The long-term effects are believed to be far more significant than the short-term effects, a belief corroborated by on-going research in the Gulf of Mexico and the fact that the impacts of the Exxon Valdez spill (which occurred in 1985 in Prince William Sound, Alaska) are still being studied over 25 years after the initial accident. The total discharge of oil from this spill was approximately one tenth of the Deepwater Horizon spill. Perhaps the most significant economic impact of the Exxon Valdez disaster—the collapse of the Herring fishery, only collapsed four years after the spill, and has not as of 2016 shown signs of recovery. This makes the kind of long-term focused program Ocean Alliance conducted all the more important. Preliminary analysis has shown potentially damaging levels of genotoxic metals including chromium and nickel in Sperm whales living in the area, significantly higher than the global average. Furthermore, it has shown a correlation between proximity to the spill and levels of these genotoxic metals.

To achieve the aim of conducting a long-term analysis, Ocean Alliance monitored the top apex predator of the region, the sperm whales. A resident, non-migratory population of sperm whales resides in the Northern Gulf of Mexico in close proximity to the Deepwater Horizon oil spill. As apex predators, sperm whales act as bio indicators of the health of the marine ecosystem in a toxicological context, demonstrating the effects of three key processes: bioaccumulation, biomagnification and the generation effect. These processes also make sperm whales, and other apex predators, at greater risk from toxic pollution.

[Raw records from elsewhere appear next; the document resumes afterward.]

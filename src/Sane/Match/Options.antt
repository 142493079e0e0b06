-- ===== src/Sane/Match/Options.antt =====
-- sane_find_matching_options of src/scanbd/sane.c. `none` is a fault: an access outside st->opts,
-- which has one entry for each option of the device, or a failed assertion.
pub mod Entry
pub mod Bounds
pub mod Append
use scanbd.Prelude.{
  ℕ, zero, suc, ◌-◌, ◌>>=◌, if◌then◌else◌, ◌==◌, ltb, Bool, true, false, ◌&&◌, not, Option, none,
  some, List, [], ◌∷◌, CString, lit, store, get_elem?, is_neg, to_ulong,
}
use scanbd.Sane.Types.{Descriptor, Driver, Regex, OptValue, Thread, DevOption, Action, Section}
use scanbd.Sane.Value.Read.{sane_option_value_free, get_sane_option_value, is_numerical, is_string}
use scanbd.Sane.Match.Search.{candidate, find_number}

-- SCANBD_NULL_STRING
abbrev pub null_string : CString
null_string = lit "(null)"

-- A missing or empty script is replaced by SCANBD_NULL_STRING.
abbrev pub script_of : Option CString → CString
script_of none = null_string
script_of (some []) = null_string
script_of (some (c ∷ s)) = c ∷ s

abbrev pub title_of : Option CString → CString
title_of none = lit "(none)"
title_of (some t) = t

-- The entry to write, from where the search for the option's number ended: in place of the found
-- one, or, with multiple actions, behind the used ones.
unfoldable pub slot_for : Bool → ℕ → ℕ → ℕ → ℕ
slot_for multiple_actions num_of_options count n =
    if n == count
    then n
    else if not multiple_actions
    then n
    else if ltb n num_of_options
    then count
    else n

-- The part of an entry that does not depend on the option's type.
unfoldable pub common_entry : Action → ℕ → DevOption → DevOption
unfolding sane_option_value_free
common_entry action opt old = record old {
  number = opt;
  action_name = some (title_of action.title);
  script = some (script_of action.script);
  from_value = sane_option_value_free old.from_value;
  to_value = sane_option_value_free old.to_value;
  value = sane_option_value_free old.value;
}

unfoldable pub numerical_entry : Action → DevOption → OptValue → DevOption
numerical_entry action entry v = record entry {
  from_value = record entry.from_value { num_value = to_ulong action.num_from };
  to_value = record entry.to_value { num_value = to_ulong action.num_to };
  value = v;
}

where_compiled : OptValue → CString → OptValue
where_compiled v pattern = record v { str = some pattern; reg = some pattern }

-- A trigger whose expressions do not compile (`ret < 0`) is left without them.
unfoldable pub string_entry : Bool → Action → DevOption → OptValue → DevOption
unfolding sane_option_value_free where_compiled
string_entry valid action entry v =
    let filled = record entry {
      from_value = where_compiled entry.from_value action.str_from;
      to_value = where_compiled entry.to_value action.str_to;
      value = v;
    } in
    if valid then filled else record filled {
      from_value = sane_option_value_free filled.from_value;
      to_value = sane_option_value_free filled.to_value;
      value = sane_option_value_free filled.value;
    }

-- The entry for an option, and whether it counts; `none` is the last `assert(false)`.
unfoldable pub new_entry :
    Regex → Action → Descriptor → ℕ → DevOption → OptValue → Option (DevOption × Bool)
unfolding common_entry numerical_entry string_entry
new_entry re action odesc opt old v =
    let entry = common_entry action opt old in
    let valid =
      not (is_neg (re.regcomp action.str_from)) && not (is_neg (re.regcomp action.str_to)) in
    if is_numerical odesc.type
    then some (numerical_entry action entry v, true)
    else if is_string odesc.type
    then some (string_entry valid action entry v, valid)
    else none

module _ {D : Type 0} (sane : Driver D) (re : Regex) (multiple_actions : Bool) where
  -- Write the entry `n`, unless there is no space left in the array.
  unfoldable pub write_option : D → Thread → Action → Descriptor → ℕ → ℕ → Option (D × Thread)
  write_option d st action odesc opt n = if n == st.num_of_options then some (d, st) else do
    old ← get_elem? st.opts n
    let (v, d') = get_sane_option_value sane d opt
    (entry, counts) ← new_entry re action odesc opt old v
    opts ← store st.opts n entry
    some (
      d',
      record st {
        opts = opts;
        num_of_options_with_scripts =
            if (n == st.num_of_options_with_scripts) && counts
            then suc st.num_of_options_with_scripts
            else st.num_of_options_with_scripts;
      },
    )

  unfoldable pub install_action : D → Thread → Action → Descriptor → ℕ → Option (D × Thread)
  install_action d st action odesc opt = do
    n ← find_number DevOption.number st.num_of_options_with_scripts st.opts opt 0
    write_option d st action odesc opt
        (slot_for multiple_actions st.num_of_options st.num_of_options_with_scripts n)

  -- One round of the inner loop.
  unfoldable pub action_option : Action → ℕ → D → Thread → Option (D × Thread)
  action_option action opt d st = elim (candidate re action.filter (sane.descriptor d opt)) [
    | none ↦ some (d, st)
    | some odesc ↦ install_action d st action odesc opt
  ]

  -- for (opt = ...; opt < st->num_of_options; opt += 1), with the rounds left.
  unfoldable pub action_options : Action → ℕ → ℕ → D → Thread → Option (D × Thread)
  action_options action zero opt d st = some (d, st)
  action_options action (suc k) opt d st = do
    (d', st') ← action_option action opt d st
    action_options action k (suc opt) d' st'

  -- An action whose filter does not compile (`ret < 0`) is passed over.
  unfoldable pub one_action : Action → D → Thread → Option (D × Thread)
  one_action action d st =
      if is_neg (re.regcomp action.filter)
      then some (d, st)
      else action_options action (st.num_of_options - 1) 1 d st

  unfoldable pub all_actions : List Action → D → Thread → Option (D × Thread)
  all_actions [] d st = some (d, st)
  all_actions (action ∷ actions) d st = do
    (d', st') ← one_action action d st
    all_actions actions d' st'

  unfoldable pub sane_find_matching_options : D → Thread → Section → Option (D × Thread)
  sane_find_matching_options d st sec = all_actions sec.actions d st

Ocean Alliance conducted this study for 5 years, during each summer from 2010 to 2014. For the final two years, they were joined by activist group the Sea Shepherd Conservation Society, as part of a program labelled Operation Toxic Gulf. This afforded the program much more exposure than was previously possible.

===SnotBot===

SnotBot is a research program started and run by Ocean Alliance. Within this research program, drones collect respiratory samples (or, in essence, snot) from whales by flying the drone through the blow or spout of a whale. This spout consists of a mixture of biological and non-biological compounds from which various facets of a whale's health and ecology can be inferred.

The SnotBot program was initiated in 2014, as an attempt to explore and harness the potential which drones had in whale science. At first, Ocean Alliance developed their own drones alongside researchers and students at Olin College of Engineering, before moving to consumer drones made by manufacturers such as DJI and Yuneec.

The initial SnotBot expeditions were funded by a successful Kickstarter campaign, which included a campaign video featuring Star Trek and X-Men actor Sir Patrick Stewart. The first three expeditions took place in Patagonia, Argentina; The Sea of Cortez, Mexico; and Alaska, the United States of America.

Since then, over thirty expeditions have taken place with over one thousand samples collected. The team have collected samples from nine species of whale including blue whales, orca, gray whales, southern right whales and humpback whales

The primary SnotBot team has consisted of CEO Iain Kerr, photographer and cameraman Christian Miller, Ocean Alliance Science Manager Andy Rogan, Robotics Manager Chris Zadra, and former Assistant Director Alicia Pensarosa.

The program has also seen considerable attention in the press. It has been featured in two National Geographic documentaries, Earth Live and One Strange Rock; has been presented at the UN, the Singularity Global Summit, various academic conferences, trade shows and academic institutions.

In 2022, Ocean Alliance became the first group in the world to deploy tags on whales using drones successfully. This method makes it easier to deploy more tags on more species of whales. Since its inception, SnotBot has deployed over two hundred tags on whales.